◆ **What the task requires**: Please give back word for word the lines of the material below between the line containing "unfoldable pub div64 : ℕ → ℕ → ℕ → Run ℕ" and the line containing "ilog2u_loop (suc fuel)", inclusive.

◆ **Excerpted data**:

================================

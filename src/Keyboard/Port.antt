-- ===== src/Keyboard/Port.antt =====
-- The controller as the code sees it, and actions on it.
use sadie.Prelude.{ℕ, Option, none, some}

-- The status port, the data port, `ac_thread_wait_ns` and `ac_tscrd`, over the controller's state.
pub record Device (S : Type 0) : Type 0 where
  pub rd_status : S → ℕ × S
  pub rd_data_now : S → ℕ × S
  pub wr_data : ℕ → S → S
  pub wr_cmd : ℕ → S → S
  pub wait_ns : ℕ → S → S
  pub tscrd : S → ℕ × S

-- `none` where a loop is still waiting.
abbrev pub Action : Type 0 → Type 0 → Type 0
Action S A = S → Option (A × S)

abbrev pub pure : {S A : Type 0} → A → Action S A
pure a s = some (a, s)

abbrev pub busy : {S A : Type 0} → Action S A
busy s = none

abbrev pub reads : {S : Type 0} → (S → ℕ × S) → Action S ℕ
reads port s = some (port s)

abbrev pub does : {S : Type 0} → (S → S) → Action S Unit
does write s = some (tt, write s)

abbrev pub then : {S A B : Type 0} → Option (A × S) → (A → Action S B) → Option (B × S)
then none f = none
then (some (a, s)) f = f a s

infixl 5 ◌>>=◌ ◌>>◌
abbrev pub ◌>>=◌ : {S A B : Type 0} → Action S A → (A → Action S B) → Action S B
◌>>=◌ m f s = then (m s) f

abbrev pub ◌>>◌ : {S B : Type 0} → Action S Unit → Action S B → Action S B
m >> k = m >>= λ _. k
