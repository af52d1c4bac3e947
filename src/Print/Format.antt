-- ===== src/Print/Format.antt =====
-- The format codes of _print.c and `_parse_format`, the state machine that reads one directive.
use trash_os.Base.{
  ℕ, zero, suc, ◌+◌, Bool, true, false, List, leb, ◌==◌, if◌then◌else◌, get_or, length,
}
use trash_os.Base.Runs.{Run, ok, undefined, out_of_fuel, ◌>>=◌}

pub data Format : Type 0 where
  invalid none : Format
  short short_short long long_long : Format
  short_short_int short_int int long_int long_long_int : Format
  short_short_uint short_uint uint long_uint long_long_uint : Format
  short_short_ptr short_ptr ptr long_ptr long_long_ptr : Format
  short_short_oct short_oct oct long_oct long_long_oct : Format
  short_short_hex short_hex hex long_hex long_long_hex : Format
  short_short_big_hex short_big_hex big_hex long_big_hex long_long_big_hex : Format
  str escaped_percent : Format

-- `format[i]` of a C string: the character, or the terminator behind the last one.
unfoldable pub char_at : List ℕ → ℕ → Run ℕ
char_at format i = if leb i (length format) then ok (get_or format i 0) else undefined

-- What a round of the loop leaves in `format_state` and `reading_format`.
pub record Reading : Type 0 where
  pub state : Format
  pub more : Bool

abbrev pub go : Format → Reading
go f = record { state = f; more = true }

abbrev pub stop : Format → Reading
stop f = record { state = f; more = false }

unfoldable pub read_none : ℕ → Reading
read_none c =
    if c == b'h'
    then go Format.short
    else if c == b'l'
    then go Format.long
    else if c == b'd'
    then stop Format.int
    else if c == b'i'
    then stop Format.int
    else if c == b'u'
    then stop Format.uint
    else if c == b'p'
    then stop Format.ptr
    else if c == b'o'
    then stop Format.oct
    else if c == b'x'
    then stop Format.hex
    else if c == b'X'
    then stop Format.big_hex
    else if c == b's'
    then stop Format.str
    else if c == b'%'
    then stop Format.escaped_percent
    else stop Format.invalid

unfoldable pub read_short : ℕ → Reading
read_short c =
    if c == b'h'
    then go Format.short_short
    else if c == b'd'
    then stop Format.short_int
    else if c == b'i'
    then stop Format.short_int
    else if c == b'u'
    then stop Format.short_uint
    else if c == b'p'
    then stop Format.short_ptr
    else if c == b'o'
    then stop Format.short_oct
    else if c == b'x'
    then stop Format.short_hex
    else if c == b'X'
    then stop Format.short_big_hex
    else stop Format.invalid

unfoldable pub read_short_short : ℕ → Reading
read_short_short c =
    if c == b'd'
    then stop Format.short_short_int
    else if c == b'i'
    then stop Format.short_short_int
    else if c == b'u'
    then stop Format.short_short_uint
    else if c == b'p'
    then stop Format.short_short_ptr
    else if c == b'o'
    then stop Format.short_short_oct
    else if c == b'x'
    then stop Format.short_short_hex
    else if c == b'X'
    then stop Format.short_short_big_hex
    else stop Format.invalid

unfoldable pub read_long : ℕ → Reading
read_long c =
    if c == b'l'
    then go Format.long_long
    else if c == b'd'
    then stop Format.long_int
    else if c == b'i'
    then stop Format.long_int
    else if c == b'u'
    then stop Format.long_uint
    else if c == b'p'
    then stop Format.long_ptr
    else if c == b'o'
    then stop Format.long_oct
    else if c == b'x'
    then stop Format.long_hex
    else if c == b'X'
    then stop Format.long_big_hex
    else stop Format.invalid

unfoldable pub read_long_long : ℕ → Reading
read_long_long c =
    if c == b'd'
    then stop Format.long_long_int
    else if c == b'i'
    then stop Format.long_long_int
    else if c == b'u'
    then stop Format.long_long_uint
    else if c == b'p'
    then stop Format.long_long_ptr
    else if c == b'o'
    then stop Format.long_long_oct
    else if c == b'x'
    then stop Format.long_long_hex
    else if c == b'X'
    then stop Format.long_long_big_hex
    else stop Format.invalid

-- `switch (format_state)`: no case is written for the final states.
unfoldable pub read_char : Format → ℕ → Reading
unfolding read_none read_short read_short_short read_long read_long_long
read_char Format.none c = read_none c
read_char Format.short c = read_short c
read_char Format.short_short c = read_short_short c
read_char Format.long c = read_long c
read_char Format.long_long c = read_long_long c
read_char f c = go f

-- `while (reading_format)`, a unit of fuel for each character read.
unfoldable pub parse_loop : ℕ → Format → List ℕ → ℕ → Run Format
parse_loop zero state format i = out_of_fuel
parse_loop (suc fuel) state format i = do
  c ← char_at format i
  let r = read_char state c
  let rest = parse_loop fuel r.state format (i + 1)
  if r.more then rest else ok r.state

-- `_parse_format`. Three characters are the longest directive.
unfoldable pub parse_format : List ℕ → ℕ → Run Format
unfolding parse_loop
parse_format format i = parse_loop 3 Format.none format i
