-- ===== src/Math.antt =====
-- kernel/arch/i386/math.h: the table of powers of ten and the integer arithmetic of the printing
-- routines. The loops of `div64` and `ilog2u` take fuel.
mod Tests
pub mod Divide
pub mod Logs
use trash_os.Base.{
  ℕ, zero, suc, ◌+◌, ◌*◌, ◌%◌, ◌^◌, List, [], ◌∷◌, leb, ◌==◌, if◌then◌else◌, get_or, u64, sub64,
  ◌>>>◌,
}
use trash_os.Base.Runs.{Run, ok, out_of_fuel, ◌>>=◌}

-- Powers of 10
abbrev pub exp10 : List ℕ
exp10 =
    1 ∷ 10 ∷ 100 ∷ 1000 ∷ 10000 ∷ 100000 ∷ 1000000 ∷ 10000000 ∷ 100000000 ∷ 1000000000 ∷ 10000000000
    ∷ 100000000000 ∷ 1000000000000 ∷ 10000000000000 ∷ 100000000000000 ∷ 1000000000000000
    ∷ 10000000000000000 ∷ 100000000000000000 ∷ 1000000000000000000 ∷ 10000000000000000000 ∷ []

abbrev pub exp10_at : ℕ → ℕ
exp10_at j = get_or exp10 j 0

-- Integral log base 10, a ladder over the table.
unfoldable pub ilog10u : ℕ → ℕ
ilog10u v =
    if leb (exp10_at 19) v
    then 19
    else if leb (exp10_at 18) v
    then 18
    else if leb (exp10_at 17) v
    then 17
    else if leb (exp10_at 16) v
    then 16
    else if leb (exp10_at 15) v
    then 15
    else if leb (exp10_at 14) v
    then 14
    else if leb (exp10_at 13) v
    then 13
    else if leb (exp10_at 12) v
    then 12
    else if leb (exp10_at 11) v
    then 11
    else if leb (exp10_at 10) v
    then 10
    else if leb (exp10_at 9) v
    then 9
    else if leb (exp10_at 8) v
    then 8
    else if leb (exp10_at 7) v
    then 7
    else if leb (exp10_at 6) v
    then 6
    else if leb (exp10_at 5) v
    then 5
    else if leb (exp10_at 4) v
    then 4
    else if leb (exp10_at 3) v
    then 3
    else if leb (exp10_at 2) v
    then 2
    else if leb (exp10_at 1) v
    then 1
    else 0

-- `for (res = 0; b * res <= a; res++);` on `uint64_t`.
unfoldable pub div64_loop : ℕ → ℕ → ℕ → ℕ → Run ℕ
div64_loop zero res a b = out_of_fuel
div64_loop (suc fuel) res a b =
    let rest = div64_loop fuel (u64 (res + 1)) a b in if leb (u64 (b * res)) a then rest else ok res

unfoldable pub div64 : ℕ → ℕ → ℕ → Run ℕ
unfolding div64_loop
div64 fuel a b = do res ← div64_loop fuel 0 a b; ok (sub64 res 1)

-- `while (v >>= 1) i++;`
unfoldable pub ilog2u_loop : ℕ → ℕ → ℕ → Run ℕ
ilog2u_loop zero v i = out_of_fuel
ilog2u_loop (suc fuel) v i =
    let rest = ilog2u_loop fuel (v >>> 1) (i + 1) in if (v >>> 1) == 0 then ok i else rest

unfoldable pub ilog2u : ℕ → ℕ → Run ℕ
unfolding ilog2u_loop
ilog2u fuel v = ilog2u_loop fuel v 0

================================

◆ **Completed task**:
unfoldable pub div64 : ℕ → ℕ → ℕ → Run ℕ
unfolding div64_loop
div64 fuel a b = do res ← div64_loop fuel 0 a b; ok (sub64 res 1)

-- `while (v >>= 1) i++;`
unfoldable pub ilog2u_loop : ℕ → ℕ → ℕ → Run ℕ
ilog2u_loop zero v i = out_of_fuel
ilog2u_loop (suc fuel) v i =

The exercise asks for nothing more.